Collection entries:
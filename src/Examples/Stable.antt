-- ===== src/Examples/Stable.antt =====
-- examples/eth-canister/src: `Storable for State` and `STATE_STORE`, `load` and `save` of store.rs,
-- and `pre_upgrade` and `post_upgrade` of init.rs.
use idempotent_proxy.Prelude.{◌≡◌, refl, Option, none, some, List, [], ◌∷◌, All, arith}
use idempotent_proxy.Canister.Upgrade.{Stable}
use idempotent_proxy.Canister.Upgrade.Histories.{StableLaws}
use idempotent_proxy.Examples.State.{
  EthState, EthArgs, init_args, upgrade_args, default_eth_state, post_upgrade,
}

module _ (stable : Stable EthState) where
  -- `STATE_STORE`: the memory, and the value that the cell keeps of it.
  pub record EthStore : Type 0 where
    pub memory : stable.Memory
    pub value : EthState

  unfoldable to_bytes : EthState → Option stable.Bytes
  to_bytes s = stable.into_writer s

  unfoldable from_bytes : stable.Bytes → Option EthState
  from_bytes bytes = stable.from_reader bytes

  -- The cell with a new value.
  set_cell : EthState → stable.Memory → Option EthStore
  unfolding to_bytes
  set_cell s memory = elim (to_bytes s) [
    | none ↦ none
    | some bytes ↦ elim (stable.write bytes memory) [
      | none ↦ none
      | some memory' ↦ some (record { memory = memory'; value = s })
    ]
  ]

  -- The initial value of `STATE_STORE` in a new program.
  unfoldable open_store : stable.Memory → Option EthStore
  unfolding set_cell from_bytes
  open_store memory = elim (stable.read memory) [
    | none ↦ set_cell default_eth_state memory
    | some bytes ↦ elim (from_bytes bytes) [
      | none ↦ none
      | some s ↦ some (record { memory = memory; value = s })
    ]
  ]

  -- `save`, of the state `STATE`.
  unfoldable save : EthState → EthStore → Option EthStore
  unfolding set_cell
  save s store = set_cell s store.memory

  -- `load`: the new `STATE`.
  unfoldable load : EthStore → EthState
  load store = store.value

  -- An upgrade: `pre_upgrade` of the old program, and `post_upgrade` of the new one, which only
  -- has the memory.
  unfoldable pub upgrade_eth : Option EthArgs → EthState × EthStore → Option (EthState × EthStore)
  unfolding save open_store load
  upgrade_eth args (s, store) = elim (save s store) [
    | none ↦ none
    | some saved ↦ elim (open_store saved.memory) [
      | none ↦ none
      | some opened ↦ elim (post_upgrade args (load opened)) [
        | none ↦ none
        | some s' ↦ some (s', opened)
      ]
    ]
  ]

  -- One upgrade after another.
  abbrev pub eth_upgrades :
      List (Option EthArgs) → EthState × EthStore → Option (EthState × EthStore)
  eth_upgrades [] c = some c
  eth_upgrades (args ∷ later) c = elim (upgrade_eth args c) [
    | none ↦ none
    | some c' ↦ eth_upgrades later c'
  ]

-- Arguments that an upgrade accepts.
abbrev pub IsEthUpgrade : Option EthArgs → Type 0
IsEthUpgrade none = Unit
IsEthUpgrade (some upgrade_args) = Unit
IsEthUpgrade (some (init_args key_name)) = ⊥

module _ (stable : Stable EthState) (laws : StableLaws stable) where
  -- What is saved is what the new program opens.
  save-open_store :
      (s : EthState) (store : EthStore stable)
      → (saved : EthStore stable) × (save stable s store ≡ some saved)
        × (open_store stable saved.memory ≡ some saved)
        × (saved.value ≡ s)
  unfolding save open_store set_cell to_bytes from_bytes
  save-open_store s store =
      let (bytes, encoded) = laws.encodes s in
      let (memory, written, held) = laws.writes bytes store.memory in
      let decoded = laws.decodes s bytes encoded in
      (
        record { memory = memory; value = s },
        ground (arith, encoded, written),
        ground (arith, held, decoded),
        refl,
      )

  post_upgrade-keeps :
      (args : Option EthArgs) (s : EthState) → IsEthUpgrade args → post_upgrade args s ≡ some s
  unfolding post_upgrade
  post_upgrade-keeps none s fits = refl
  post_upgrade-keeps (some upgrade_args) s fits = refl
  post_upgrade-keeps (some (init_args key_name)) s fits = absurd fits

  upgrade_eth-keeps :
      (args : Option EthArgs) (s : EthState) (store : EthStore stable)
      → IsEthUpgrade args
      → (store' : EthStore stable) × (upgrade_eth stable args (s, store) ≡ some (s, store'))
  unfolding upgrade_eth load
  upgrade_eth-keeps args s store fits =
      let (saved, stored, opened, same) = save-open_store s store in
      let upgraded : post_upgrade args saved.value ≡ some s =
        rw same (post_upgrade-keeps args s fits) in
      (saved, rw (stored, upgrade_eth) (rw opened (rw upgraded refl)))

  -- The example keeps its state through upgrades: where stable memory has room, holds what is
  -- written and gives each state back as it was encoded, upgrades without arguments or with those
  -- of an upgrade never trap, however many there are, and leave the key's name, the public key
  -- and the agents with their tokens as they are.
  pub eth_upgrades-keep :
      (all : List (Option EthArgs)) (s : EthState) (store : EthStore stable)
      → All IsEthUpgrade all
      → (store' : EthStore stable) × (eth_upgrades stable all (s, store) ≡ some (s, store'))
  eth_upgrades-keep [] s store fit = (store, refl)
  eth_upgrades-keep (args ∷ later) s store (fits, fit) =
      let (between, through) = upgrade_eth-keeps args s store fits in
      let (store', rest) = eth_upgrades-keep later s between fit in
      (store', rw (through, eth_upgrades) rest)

[What you should do]:
When a line in the data contains the string "same", copy that line.

[Exercise answer]:
      let (saved, stored, opened, same) = save-open_store s store in
        rw same (post_upgrade-keeps args s fits) in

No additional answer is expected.